■ Work order
Each of the entries below needs to be given again exactly.

====== Records shown

-- ===== src/Fs/Path/Split.antt =====
-- How dir_namev finds the last component of a path.
use weenix_kernel.Base.{
  ℕ, ◌≡◌, refl, sym, ap, ◌∙◌, Bool, true, false, ◌&&◌, some, List, [], ◌∷◌, ◌++◌, ◌==◌, ==_iff,
  if◌then◌else◌, length, arith, inl, inr, Bool-cases,
}
use mathlib.Core.List.{append_assoc, append-nil}
use weenix_kernel.Base.Members.{unsnoc_onto}
use weenix_kernel.Fs.Names.{Name}
use weenix_kernel.Fs.Path.{slash, starts, strstr, take, split_after, components, skip_slash}

-- Components joined by slashes.
abbrev pub joined : Name → List Name → Name
joined n [] = n
joined n (m ∷ r) = n ++ (slash ∷ joined m r)

abbrev pub slashless : Name → Bool
slashless [] = true
slashless (c ∷ r) = if c == slash then false else slashless r

abbrev pub all_slashless : List Name → Bool
all_slashless [] = true
all_slashless (n ∷ r) = slashless n && all_slashless r

joined-cons : (c : ℕ) (n : Name) (m : List Name) → joined (c ∷ n) m ≡ c ∷ joined n m
joined-cons c n [] = refl
joined-cons c n (k ∷ r) = refl

split_after-joined :
    (path : Name)
    → (joined (split_after path).0 (split_after path).1 ≡ path)
      × (slashless (split_after path).0 ≡ true)
      × (all_slashless (split_after path).1 ≡ true)
unfolding split_after
split_after-joined [] = (refl, refl, refl)
split_after-joined (c ∷ r) =
    let (same, cur, more) = split_after-joined r in
    elim (Bool-cases (c == slash)) [
      | inl e ↦ rw e (ground (arith, (==_iff c slash).0 e), refl, ground arith)
      | inr e ↦ rw e (rw joined-cons rw same refl, ground arith, more)
    ]

joined-split_after :
    (n : Name) (m : List Name)
    → slashless n ≡ true
    → all_slashless m ≡ true
    → split_after (joined n m) ≡ (n, m)
unfolding split_after
joined-split_after [] [] h k = refl
joined-split_after [] (k ∷ r) h all =
    let rest = joined-split_after k r (ground arith) (ground arith) in rw rest refl
joined-split_after (c ∷ n) m h all =
    let rest = joined-split_after n m (ground arith) all in
    let other : (c == slash) ≡ false = ground arith in rw joined-cons rw rest rw other refl

-- dir_namev cuts a path with at least one character behind its first slash into components that
-- give the path again when they are joined by slashes; only the first character of the first one may
-- be a slash. It is the only way to do so: components without slashes, the first of them not empty,
-- are what their path is cut into.
pub components-joined :
    (beyond : Name) (c : ℕ) (path : Name)
    → (joined (components beyond (c ∷ path)).0 (components beyond (c ∷ path)).1 ≡ c ∷ path)
      × (all_slashless (components beyond (c ∷ path)).1 ≡ true)
      × ((n : Name) (m : List Name)
          → slashless n ≡ true
          → all_slashless m ≡ true
          → components beyond (joined (c ∷ n) m) ≡ (c ∷ n, m))
unfolding components
components-joined beyond c path =
    let (same, cur, more) = split_after-joined path in
    (
      joined-cons c (split_after path).0 (split_after path).1 ∙ ap (λ r. c ∷ r) same,
      more,
      (λ n m h k. rw joined-cons rw (joined-split_after n m h k) refl),
    )

take-starts : (n text : Name) → starts n text ≡ true → take (length n) text ≡ n
take-starts [] [] h = refl
take-starts [] (c ∷ r) h = refl
take-starts (c ∷ n) [] h = cc
take-starts (c ∷ n) (d ∷ text) h =
    ground (arith, take-starts n text (ground arith), (==_iff c d).0 (ground arith))

starts_self : (n text : Name) → starts n (n ++ text) ≡ true
starts_self [] text = refl
starts_self (c ∷ n) text = ground (arith, starts_self n text)

-- strstr finds a part of the text.
pub strstr-part :
    (before n text : Name)
    → (found : Name) × (strstr (before ++ n ++ text) n ≡ some found) × (take (length n) found ≡ n)
unfolding strstr
strstr-part [] [] [] = ([], refl, refl)
strstr-part [] [] (c ∷ r) = (c ∷ r, refl, refl)
strstr-part [] (c ∷ n) text = (
  c ∷ n ++ text,
  rw (starts_self (c ∷ n) text) refl,
  take-starts (c ∷ n) (c ∷ n ++ text) (starts_self (c ∷ n) text),
)
strstr-part (b ∷ before) n text = elim (Bool-cases (starts n ((b ∷ before) ++ n ++ text))) [
  | inl e ↦ ((b ∷ before) ++ n ++ text, rw e refl, take-starts n _ e)
  | inr e ↦ let (at, is, same) = strstr-part before n text in (at, rw e is, same)
]

-- The last component ends the path.
joined-last :
    (n : Name) (m : List Name) → (before : Name) × (joined n m ≡ before ++ (unsnoc_onto n m).1)
unfolding unsnoc_onto
joined-last n [] = ([], refl)
joined-last n (k ∷ r) =
    let (before, is) = joined-last k r in (n ++ (slash ∷ before), rw is simp append_assoc)

-- What dir_namev finds for the last component of a path: a place in it, where that component stands.
pub strstr-last :
    (beyond : Name) (c : ℕ) (path : Name) (front : Name)
    → let last =
        (unsnoc_onto (components beyond (c ∷ path)).0 (components beyond (c ∷ path)).1).1 in
      (found : Name) × (strstr (front ++ (c ∷ path)) last ≡ some found)
      × (take (length last) found ≡ last)
strstr-last beyond c path front =
    let (first, more) = components beyond (c ∷ path) in
    let last = (unsnoc_onto first more).1 in
    let (before, is) = joined-last first more in
    let same : front ++ (c ∷ path) ≡ (front ++ before) ++ last ++ [] =
      ap (λ (t : Name). front ++ t) (sym (components-joined beyond c path).0 ∙ is)
      ∙ simp (append_assoc, append-nil) in
    rw same (strstr-part (front ++ before) last [])

-- The same for a whole path, of which at most the first slash is skipped.
pub strstr-path :
    (beyond path : Name)
    → (skip_slash path ≡ [] → beyond ≡ [])
    → let parts = components beyond (skip_slash path) in
      let last = (unsnoc_onto parts.0 parts.1).1 in
      (found : Name) × (strstr path last ≡ some found) × (take (length last) found ≡ last)
unfolding strstr components unsnoc_onto split_after
strstr-path beyond [] h = rw (h refl) ([], refl, refl)
strstr-path beyond (c ∷ []) h = elim (Bool-cases (c == slash)) [
  | inl e ↦ rw e rw (h (rw e refl)) (c ∷ [], refl, refl)
  | inr e ↦ rw e (strstr-last beyond c [] [])
]
strstr-path beyond (c ∷ d ∷ r) h = elim (Bool-cases (c == slash)) [
  | inl e ↦ rw e (strstr-last beyond d r (c ∷ []))
  | inr e ↦ rw e (strstr-last beyond c (d ∷ r) [])
]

============

■ Reply
-- ===== src/Fs/Path/Split.antt =====
-- How dir_namev finds the last component of a path.
use weenix_kernel.Base.{
  ℕ, ◌≡◌, refl, sym, ap, ◌∙◌, Bool, true, false, ◌&&◌, some, List, [], ◌∷◌, ◌++◌, ◌==◌, ==_iff,
  if◌then◌else◌, length, arith, inl, inr, Bool-cases,
}
use mathlib.Core.List.{append_assoc, append-nil}
use weenix_kernel.Base.Members.{unsnoc_onto}
use weenix_kernel.Fs.Names.{Name}
use weenix_kernel.Fs.Path.{slash, starts, strstr, take, split_after, components, skip_slash}

-- Components joined by slashes.
abbrev pub joined : Name → List Name → Name
joined n [] = n
joined n (m ∷ r) = n ++ (slash ∷ joined m r)

abbrev pub slashless : Name → Bool
slashless [] = true
slashless (c ∷ r) = if c == slash then false else slashless r

abbrev pub all_slashless : List Name → Bool
all_slashless [] = true
all_slashless (n ∷ r) = slashless n && all_slashless r

joined-cons : (c : ℕ) (n : Name) (m : List Name) → joined (c ∷ n) m ≡ c ∷ joined n m
joined-cons c n [] = refl
joined-cons c n (k ∷ r) = refl

split_after-joined :
    (path : Name)
    → (joined (split_after path).0 (split_after path).1 ≡ path)
      × (slashless (split_after path).0 ≡ true)
      × (all_slashless (split_after path).1 ≡ true)
unfolding split_after
split_after-joined [] = (refl, refl, refl)
split_after-joined (c ∷ r) =
    let (same, cur, more) = split_after-joined r in
    elim (Bool-cases (c == slash)) [
      | inl e ↦ rw e (ground (arith, (==_iff c slash).0 e), refl, ground arith)
      | inr e ↦ rw e (rw joined-cons rw same refl, ground arith, more)
    ]

joined-split_after :
    (n : Name) (m : List Name)
    → slashless n ≡ true
    → all_slashless m ≡ true
    → split_after (joined n m) ≡ (n, m)
unfolding split_after
joined-split_after [] [] h k = refl
joined-split_after [] (k ∷ r) h all =
    let rest = joined-split_after k r (ground arith) (ground arith) in rw rest refl
joined-split_after (c ∷ n) m h all =
    let rest = joined-split_after n m (ground arith) all in
    let other : (c == slash) ≡ false = ground arith in rw joined-cons rw rest rw other refl

-- dir_namev cuts a path with at least one character behind its first slash into components that
-- give the path again when they are joined by slashes; only the first character of the first one may
-- be a slash. It is the only way to do so: components without slashes, the first of them not empty,
-- are what their path is cut into.
pub components-joined :
    (beyond : Name) (c : ℕ) (path : Name)
    → (joined (components beyond (c ∷ path)).0 (components beyond (c ∷ path)).1 ≡ c ∷ path)
      × (all_slashless (components beyond (c ∷ path)).1 ≡ true)
      × ((n : Name) (m : List Name)
          → slashless n ≡ true
          → all_slashless m ≡ true
          → components beyond (joined (c ∷ n) m) ≡ (c ∷ n, m))
unfolding components
components-joined beyond c path =
    let (same, cur, more) = split_after-joined path in
    (
      joined-cons c (split_after path).0 (split_after path).1 ∙ ap (λ r. c ∷ r) same,
      more,
      (λ n m h k. rw joined-cons rw (joined-split_after n m h k) refl),
    )

take-starts : (n text : Name) → starts n text ≡ true → take (length n) text ≡ n
take-starts [] [] h = refl
take-starts [] (c ∷ r) h = refl
take-starts (c ∷ n) [] h = cc
take-starts (c ∷ n) (d ∷ text) h =
    ground (arith, take-starts n text (ground arith), (==_iff c d).0 (ground arith))

starts_self : (n text : Name) → starts n (n ++ text) ≡ true
starts_self [] text = refl
starts_self (c ∷ n) text = ground (arith, starts_self n text)

-- strstr finds a part of the text.
pub strstr-part :
    (before n text : Name)
    → (found : Name) × (strstr (before ++ n ++ text) n ≡ some found) × (take (length n) found ≡ n)
unfolding strstr
strstr-part [] [] [] = ([], refl, refl)
strstr-part [] [] (c ∷ r) = (c ∷ r, refl, refl)
strstr-part [] (c ∷ n) text = (
  c ∷ n ++ text,
  rw (starts_self (c ∷ n) text) refl,
  take-starts (c ∷ n) (c ∷ n ++ text) (starts_self (c ∷ n) text),
)
strstr-part (b ∷ before) n text = elim (Bool-cases (starts n ((b ∷ before) ++ n ++ text))) [
  | inl e ↦ ((b ∷ before) ++ n ++ text, rw e refl, take-starts n _ e)
  | inr e ↦ let (at, is, same) = strstr-part before n text in (at, rw e is, same)
]

-- The last component ends the path.
joined-last :
    (n : Name) (m : List Name) → (before : Name) × (joined n m ≡ before ++ (unsnoc_onto n m).1)
unfolding unsnoc_onto
joined-last n [] = ([], refl)
joined-last n (k ∷ r) =
    let (before, is) = joined-last k r in (n ++ (slash ∷ before), rw is simp append_assoc)

-- What dir_namev finds for the last component of a path: a place in it, where that component stands.
pub strstr-last :
    (beyond : Name) (c : ℕ) (path : Name) (front : Name)
    → let last =
        (unsnoc_onto (components beyond (c ∷ path)).0 (components beyond (c ∷ path)).1).1 in
      (found : Name) × (strstr (front ++ (c ∷ path)) last ≡ some found)
      × (take (length last) found ≡ last)
strstr-last beyond c path front =
    let (first, more) = components beyond (c ∷ path) in
    let last = (unsnoc_onto first more).1 in
    let (before, is) = joined-last first more in
    let same : front ++ (c ∷ path) ≡ (front ++ before) ++ last ++ [] =
      ap (λ (t : Name). front ++ t) (sym (components-joined beyond c path).0 ∙ is)
      ∙ simp (append_assoc, append-nil) in
    rw same (strstr-part (front ++ before) last [])

-- The same for a whole path, of which at most the first slash is skipped.
pub strstr-path :
    (beyond path : Name)
    → (skip_slash path ≡ [] → beyond ≡ [])
    → let parts = components beyond (skip_slash path) in
      let last = (unsnoc_onto parts.0 parts.1).1 in
      (found : Name) × (strstr path last ≡ some found) × (take (length last) found ≡ last)
unfolding strstr components unsnoc_onto split_after
strstr-path beyond [] h = rw (h refl) ([], refl, refl)
strstr-path beyond (c ∷ []) h = elim (Bool-cases (c == slash)) [
  | inl e ↦ rw e rw (h (rw e refl)) (c ∷ [], refl, refl)
  | inr e ↦ rw e (strstr-last beyond c [] [])
]
strstr-path beyond (c ∷ d ∷ r) h = elim (Bool-cases (c == slash)) [
  | inl e ↦ rw e (strstr-last beyond d r (c ∷ []))
  | inr e ↦ rw e (strstr-last beyond c (d ∷ r) [])
]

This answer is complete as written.